Let's pause a moment and look at what I wrote in unit 14 about Gorbachev, "It was not all that long ago that the world was infatuated with the dynamic new leader of the Soviet Union, Mikhail Gorbachev (1931-)." The public view in Russia of Gorbachev, however, was much different (many Russians hated him), largely as a result of his anti-alcohol campaigns. But it is also not that long ago that Western leaders were enamored of Putin--many Russians still are--look at the images of Putin sitting with George W. Bush by the fire or of Obama talking of a "reset" in Russian-American relations with Medvedev. Now, suddenly Western leaders seem more critical of Putin.
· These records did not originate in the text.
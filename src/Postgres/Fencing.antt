-- ===== src/Postgres/Fencing.antt =====
-- internal/store/postgres/repository.go: a lease that was taken over.
use reliable_agent_runtime.Prelude.{
  All, All-at, All-select, Bool, Bool-cases, List, Option-cases, Result, Result-cases, String, [],
  ap, arith, err, get_elem?, inl, inr, leb_ℤ, length, none, not, ok, pos, refl, select, some, subst,
  true, ℕ, ◌&&◌, ◌+◌, ◌==◌, ◌||◌, ◌∙◌, ◌∷◌, ◌≡◌, ◌≢◌,
}
use reliable_agent_runtime.Domain.{
  Duration, EventType, FinalResult, RawMessage, RunEvent, Time, add_time,
}
use reliable_agent_runtime.Postgres.Leases.{
  foremost, is_before, is_leasable, pg_lease_next, pg_renew_lease, pg_save_checkpoint, taken_row,
}
use reliable_agent_runtime.Postgres.Methods.{append_row, finish_row, pg_append_event, pg_finish_run}
use reliable_agent_runtime.Postgres.Tables.{
  Database, RunRow, change_where, first_where, is_leased_to, scan_run,
}
use reliable_agent_runtime.Store.{
  Checkpoint, Encoders, Lease, StoreError, lease_lost, validate_terminal_event,
}

-- `id` is the primary key of `runs`.
abbrev pub IsUnique : List RunRow → Type 0
IsUnique rows =
    (j k : ℕ) (r s : RunRow)
    → get_elem? rows j ≡ some r
    → get_elem? rows k ≡ some s
    → (s.id == r.id) ≡ true
    → s ≡ r

some_inj : (r s : RunRow) → some r ≡ some s → r ≡ s
some_inj r s e = cc e

foremost-All :
    (Q : RunRow → Type 0) (rows : List RunRow) (r : RunRow)
    → All Q rows
    → foremost rows ≡ some r
    → Q r
foremost-All Q [] r h e = absurd (ground (arith, e))
foremost-All Q (s ∷ rows) r h e = elim (Option-cases (foremost rows)) [
  | inl nothing ↦ subst Q (some_inj s r (rw nothing at e)) h.0
  | inr (best, found) ↦ elim (Bool-cases (is_before best s)) [
    | inl better ↦
        subst Q (some_inj best r (rw better at (rw found at e)))
          (foremost-All Q rows best h.1 found)
    | inr worse ↦ subst Q (some_inj s r (rw worse at (rw found at e))) h.0
  ]
]

-- The rows of a run that was leased have its new token.
fenced_rows :
    (rows : List RunRow) (r : RunRow) (worker worker' : String) (until now now' : Time) (fence : ℕ)
    → All (λ s. (s.id == r.id) ≡ true → s ≡ r) rows
    → fence ≢ r.fence_token + 1
    → first_where
        (is_leased_to r.id worker' fence now')
        (change_where (λ s. s.id == r.id) (taken_row worker until now) rows)
      ≡ none
unfolding is_leased_to taken_row
fenced_rows [] r worker worker' until now now' fence h old = refl
fenced_rows (s ∷ rows) r worker worker' until now now' fence h old =
    let rest = fenced_rows rows r worker worker' until now now' fence h.1 old in
    elim (Bool-cases (s.id == r.id)) [
      | inr apart ↦ rw apart (rw (apart, is_leased_to) rest)
      | inl same ↦ rw same (ground (arith, rest, ap (λ x. x.fence_token) (h.0 same), old))
    ]

alone :
    (rows : List RunRow) (p : RunRow → Bool) (r : RunRow)
    → IsUnique rows
    → foremost (select p rows) ≡ some r
    → All (λ s. (s.id == r.id) ≡ true → s ≡ r) rows
alone rows p r unique chosen =
    let Only = λ (c : RunRow). All (λ s. (s.id == c.id) ≡ true → s ≡ c) rows in
    let everywhere = All-at Only rows (λ j c at_j.
      All-at (λ s. (s.id == c.id) ≡ true → s ≡ c) rows (λ k s at_k. unique j k c s at_j at_k)) in
    (foremost-All (λ c. Only c × (p c ≡ true)) (select p rows) r (All-select Only p rows everywhere)
      chosen).0

abbrev leased_id : Result StoreError Lease → String
leased_id (err e) = ""
leased_id (ok lease) = lease.run.id

abbrev leased_token : Result StoreError Lease → ℕ
leased_token (err e) = 0
leased_token (ok lease) = lease.fence_token

-- What a worker with a fence token gets from the methods that check it.
pub record IsRefused (enc : Encoders) (marshal_event : RunEvent → Result StoreError RawMessage)
    (db : Database) (id worker : String) (fence : ℕ) (now : Time) : Type 0 where
  pub appends_nothing :
      (type : EventType) (payload : RawMessage)
      → pg_append_event enc marshal_event db id worker fence type payload now ≡ (db, err lease_lost)
  pub ends_nothing :
      (result : FinalResult) (type : EventType)
      → ((pg_finish_run enc marshal_event db id worker fence result type now).0 ≡ db)
        × ((event : RunEvent)
            → (pg_finish_run enc marshal_event db id worker fence result type now).1 ≢ ok event)
  pub saves_nothing :
      (c : Checkpoint)
      → c.run_id ≡ id
      → c.fence_token ≡ fence
      → c.created_at ≡ now
      → pg_save_checkpoint db worker c ≡ (db, err lease_lost)
  pub renews_nothing :
      (ttl : Duration)
      → ((pg_renew_lease db id worker fence now ttl).0 ≡ db)
        × ((until : Time) → (pg_renew_lease db id worker fence now ttl).1 ≢ ok until)

-- An UPDATE without a row to change.
unchanged :
    (p : RunRow → Bool) (f : RunRow → RunRow) (rows : List RunRow)
    → first_where p rows ≡ none
    → (change_where p f rows ≡ rows) × (length (select p rows) ≡ 0)
unchanged p f [] h = (refl, refl)
unchanged p f (r ∷ rows) h = elim (Bool-cases (p r)) [
  | inl hit ↦ absurd (ground (arith, rw hit at h))
  | inr free ↦
      let (same, nobody) = unchanged p f rows (rw free at h) in
      rw free (ap (λ rest. r ∷ rest) same, nobody)
]

module _ (enc : Encoders) (marshal_event : RunEvent → Result StoreError RawMessage) where
  nobody-IsRefused :
      (db : Database) (id worker : String) (fence : ℕ) (now : Time)
      → first_where (is_leased_to id worker fence now) db.runs ≡ none
      → IsRefused enc marshal_event db id worker fence now
  unfolding pg_append_event append_row pg_finish_run finish_row pg_save_checkpoint pg_renew_lease
  nobody-IsRefused db id worker fence now nobody = record {
    appends_nothing = λ type payload. elim (Bool-cases (worker == "")) [
      | inl unnamed ↦ rw unnamed refl
      | inr named ↦ rw named (rw (nobody, append_row) refl)
    ];
    ends_nothing = λ result type. elim (Result-cases (validate_terminal_event result type)) [
      | inr (e, invalid) ↦ rw invalid (refl, λ event h. ground (arith, h))
      | inl (checked, valid) ↦ rw valid (elim (Result-cases (enc.marshal_result result)) [
        | inr (e, bad) ↦ rw bad (refl, λ event h. ground (arith, h))
        | inl (payload, encoded) ↦
            rw encoded (rw (nobody, finish_row) (refl, λ event h. ground (arith, h)))
      ])
    ];
    saves_nothing = λ c same_run same_fence same_time. elim (Bool-cases (worker == "")) [
      | inl unnamed ↦ rw (unnamed, pg_save_checkpoint) refl
      | inr named ↦
          let nobody' : first_where (is_leased_to c.run_id worker c.fence_token c.created_at)
                db.runs
              ≡ none =
            rw (same_run, same_fence, same_time) nobody in
          rw (named, pg_save_checkpoint) (rw nobody' refl)
    ];
    renews_nothing = λ ttl. elim (Bool-cases (worker == "" || leb_ℤ ttl (pos 0))) [
      | inl invalid ↦ rw (invalid, pg_renew_lease) (refl, λ until h. ground (arith, h))
      | inr valid ↦
          let (same, none_held) =
            unchanged (is_leased_to id worker fence now)
              (λ r. record r { lease_until = some (add_time now ttl); updated_at = now }) db.runs
              nobody in
          rw (valid, pg_renew_lease)
            (
              ap (λ rows. record db { runs = rows }) same,
              λ until h. ground (arith, rw none_held at h),
            )
    ];
  }

  -- Once LeaseNext has granted a lease on PostgreSQL, every other fence token of the run is refused,
  -- whatever the worker and the time: appending an event or saving a checkpoint fails with the error
  -- of a lost lease, renewing the lease and finishing the run fail too, and nothing changes.
  pub pg_lease_next-IsRefused :
      (db db' : Database) (locked : RunRow → Bool) (worker worker' : String) (now now' : Time)
      (ttl : Duration) (lease : Lease) (fence : ℕ)
      → IsUnique db.runs
      → pg_lease_next locked db worker now ttl ≡ (db', ok lease)
      → fence ≢ lease.fence_token
      → IsRefused enc marshal_event db' lease.run.id worker' fence now'
  unfolding pg_lease_next taken_row scan_run
  pg_lease_next-IsRefused db db' locked worker worker' now now' ttl lease fence unique e
        other_fence =
      elim (Bool-cases (worker == "" || leb_ℤ ttl (pos 0))) [
        | inl invalid ↦ absurd (ground (arith, rw (invalid, pg_lease_next) at e))
        | inr valid ↦
            let p = λ (r : RunRow). is_leasable now r && not (locked r) in
            elim (Option-cases (foremost (select p db.runs))) [
              | inl nothing ↦
                  absurd (ground (arith, rw nothing at (rw (valid, pg_lease_next) at e)))
              | inr (r, found) ↦
                  let e' = rw found at (rw (valid, pg_lease_next) at e) in
                  let same_runs = ap (λ a. a.0.runs) e' in
                  let same_id = ap (λ a. leased_id a.1) e' in
                  let same_token = ap (λ a. leased_token a.1) e' in
                  nobody-IsRefused db' lease.run.id worker' fence now' (
                    subst (λ id. first_where (is_leased_to id worker' fence now') db'.runs ≡ none)
                      same_id
                      (subst
                        (λ rows. first_where (is_leased_to r.id worker' fence now') rows ≡ none)
                        same_runs
                        (fenced_rows db.runs r worker worker' (add_time now ttl) now now' fence
                          (alone db.runs p r unique found)
                          (λ old. other_fence (old ∙ same_token)))))
            ]
      ]
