-- ===== src/Postgres/Mirror.antt =====
-- internal/store/postgres/repository.go and internal/outbox/postgres/repository.go: the outbox has
-- the events of the runs.
use reliable_agent_runtime.Prelude.{
  Bool, Bool-cases, List, Result, Result-cases, [], ap, err, inl, inr, none, ok, refl, some, subst,
  sym, ◌++◌, ◌>>=◌, ◌∙◌, ◌∷◌, ◌≡◌,
}
use reliable_agent_runtime.Domain.{RawMessage, RunEvent, add_time}
use reliable_agent_runtime.Http.Events.{event_name}
use reliable_agent_runtime.Outbox.Ownership.{
  OutboxCall, apply, leases_batch, marks_published, marks_retry,
}
use reliable_agent_runtime.Outbox.Rows.{lease_batch-cases}
use reliable_agent_runtime.Outbox.Table.{
  OutboxRow, Table, due_rows, is_chosen, leased_row, limit_of, mark_published, mark_retry,
  published_row, retried_row, update_one, update_where,
}
use reliable_agent_runtime.Postgres.Tables.{Database, commit, insert_event_and_outbox, outbox_entry}
use reliable_agent_runtime.Store.{StoreError}

module _ (marshal_event : RunEvent → Result StoreError RawMessage) where
  -- The message of an event, whatever publishers have done with it.
  pub record Announces (event : RunEvent) (row : OutboxRow) : Type 0 where
    pub about : row.aggregate_id ≡ event.run_id
    pub typed : row.event_type ≡ event_name event.type
    pub encoded : marshal_event event ≡ ok row.payload

  -- One message for each event, in the same order.
  abbrev pub Mirrors : List RunEvent → Table → Type 0
  Mirrors [] [] = Unit
  Mirrors [] (row ∷ rows) = ⊥
  Mirrors (event ∷ events) [] = ⊥
  Mirrors (event ∷ events) (row ∷ rows) = Announces event row × Mirrors events rows

  Mirrors-append :
      (events : List RunEvent) (rows : Table) (event : RunEvent) (row : OutboxRow)
      → Mirrors events rows
      → Announces event row
      → Mirrors (events ++ event ∷ []) (rows ++ row ∷ [])
  Mirrors-append [] [] event row h a = (a, tt)
  Mirrors-append [] (r ∷ rows) event row h a = absurd h
  Mirrors-append (e ∷ events) [] event row h a = absurd h
  Mirrors-append (e ∷ events) (r ∷ rows) event row h a =
      (h.0, Mirrors-append events rows event row h.1 a)

  -- What the statements of the publishers leave alone.
  record Keeps (f : OutboxRow → OutboxRow) : Type 0 where
    id_kept : (r : OutboxRow) → (f r).aggregate_id ≡ r.aggregate_id
    type_kept : (r : OutboxRow) → (f r).event_type ≡ r.event_type
    payload_kept : (r : OutboxRow) → (f r).payload ≡ r.payload

  Announces-kept :
      (f : OutboxRow → OutboxRow) (event : RunEvent) (row : OutboxRow)
      → Keeps f
      → Announces event row
      → Announces event (f row)
  Announces-kept f event row k a = record {
    about = k.id_kept row ∙ a.about;
    typed = k.type_kept row ∙ a.typed;
    encoded = a.encoded ∙ ap ok (sym (k.payload_kept row));
  }

  Mirrors-update :
      (p : OutboxRow → Bool) (f : OutboxRow → OutboxRow) (events : List RunEvent) (rows : Table)
      → Keeps f
      → Mirrors events rows
      → Mirrors events (update_where p f rows)
  unfolding update_where
  Mirrors-update p f [] [] k h = tt
  Mirrors-update p f [] (r ∷ rows) k h = absurd h
  Mirrors-update p f (e ∷ events) [] k h = absurd h
  Mirrors-update p f (e ∷ events) (r ∷ rows) k h = elim (Bool-cases (p r)) [
    | inl here ↦ rw here (Announces-kept f e r k h.0, Mirrors-update p f events rows k h.1)
    | inr there ↦ rw there (h.0, Mirrors-update p f events rows k h.1)
  ]

  pub apply-Mirrors :
      (events : List RunEvent) (table : Table) (call : OutboxCall)
      → Mirrors events table
      → Mirrors events (apply table call)
  unfolding apply leased_row mark_published mark_retry update_one published_row retried_row
  apply-Mirrors events table (leases_batch fault locked publisher now ttl limit) h =
      elim (lease_batch-cases fault locked table publisher now ttl limit) [
        | inl same ↦ subst (Mirrors events) (sym same) h
        | inr taking ↦ subst (Mirrors events) (sym taking) (
            Mirrors-update (is_chosen (due_rows locked now (limit_of limit) table))
              (leased_row publisher (add_time now ttl)) events table
              (record { id_kept = λ r. refl; type_kept = λ r. refl; payload_kept = λ r. refl }) h)
      ]
  apply-Mirrors events table (marks_published (some e) id publisher token now) h = h
  apply-Mirrors events table (marks_published none id publisher token now) h =
      Mirrors-update _ _ events table
        (record { id_kept = λ r. refl; type_kept = λ r. refl; payload_kept = λ r. refl }) h
  apply-Mirrors events table (marks_retry (some e) id publisher token next_attempt reason) h = h
  apply-Mirrors events table (marks_retry none id publisher token next_attempt reason) h =
      Mirrors-update _ _ events table
        (record { id_kept = λ r. refl; type_kept = λ r. refl; payload_kept = λ r. refl }) h

  abbrev pub InMirror : Database → Type 0
  InMirror db = Mirrors db.events db.outbox

  -- What a transaction that commits leaves.
  abbrev pub After : {A : Type 0} → Result StoreError (Database × A) → Type 0
  After (err e) = Unit
  After (ok p) = InMirror p.0

  pub commit-Mirrors :
      {A : Type 0} (db : Database) (result : Result StoreError (Database × A))
      → InMirror db
      → After result
      → InMirror (commit db result).0
  commit-Mirrors db (err e) h k = h
  commit-Mirrors db (ok p) h k = k

  pub After-bind :
      {A B : Type 0} (result : Result StoreError B) (f : B → Result StoreError (Database × A))
      → ((b : B) → After (f b))
      → After (result >>= f)
  After-bind (err e) f k = tt
  After-bind (ok b) f k = k b

  pub insert_event_and_outbox-After :
      {A : Type 0} (db : Database) (event : RunEvent) (x : A)
      → InMirror db
      → After (insert_event_and_outbox marshal_event db event >>= (λ db'. ok (db', x)))
  unfolding insert_event_and_outbox outbox_entry
  insert_event_and_outbox-After db event x h = elim (Result-cases (marshal_event event)) [
    | inr (e, bad) ↦ rw (bad, insert_event_and_outbox) tt
    | inl (payload, fine) ↦
        rw (fine, insert_event_and_outbox)
          (Mirrors-append db.events db.outbox event (outbox_entry event payload db.serial) h
            (record { about = refl; typed = refl; encoded = fine }))
  ]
Let's not forget that not too long ago Time magazine named Putin as its "person of the year" for 2007.

Let's get the political offices straight since Putin and Medvedev have alternated in those spots: Putin as prime minister (August 1999-May 2000) then as president (December 1999-May 2008) then as prime minister (May 2008-May 2012) then as president (May 2012-present); Medvedev as president (May 2008-May 2012) then as prime minister (May 2012-present). In 2008 when Putin's second term as president ended, he left the post, as the Russian constitution required, and he became prime minister with his hand-picked deputy Medvedev--even more of an unknown that Putin was ten years earlier--taking over as president.

Yet while Putin has been a major player on the world stage for over a decade now, there is still relatively little known about him. He has done a good job of limiting access to personal information and presenting his own version of his life. (See his "autobiography" First Person.)

After Putin's schooling in St. Petersburg and then at St Petersburg University, he eventually joined the KGB in the mid-1970s. Legend has it that when he was seventeen, he walked into KGB headquarters and asked what he should do to "join up." They told him to go to the university first. When he finally entered the KGB, he served outside of the Soviet Union, mainly in East Germany, then again back in the Soviet Union investigating students at St. Petersburg University.

In 1991, he formally left the KGB to work with Anatolii Sobchak, one of his former professors. Sobchak had become mayor of St. Petersburg, and Putin became one of his close advisers. Five years later, Putin left to work with Paul Borodin, who ran Boris Eltsyn's presidential staff in the Kremlin. Eltsyn took a liking to Putin's efficiency, low-key manner and apparent lack of desire for elective office, and he soon selected Putin as his chief of staff.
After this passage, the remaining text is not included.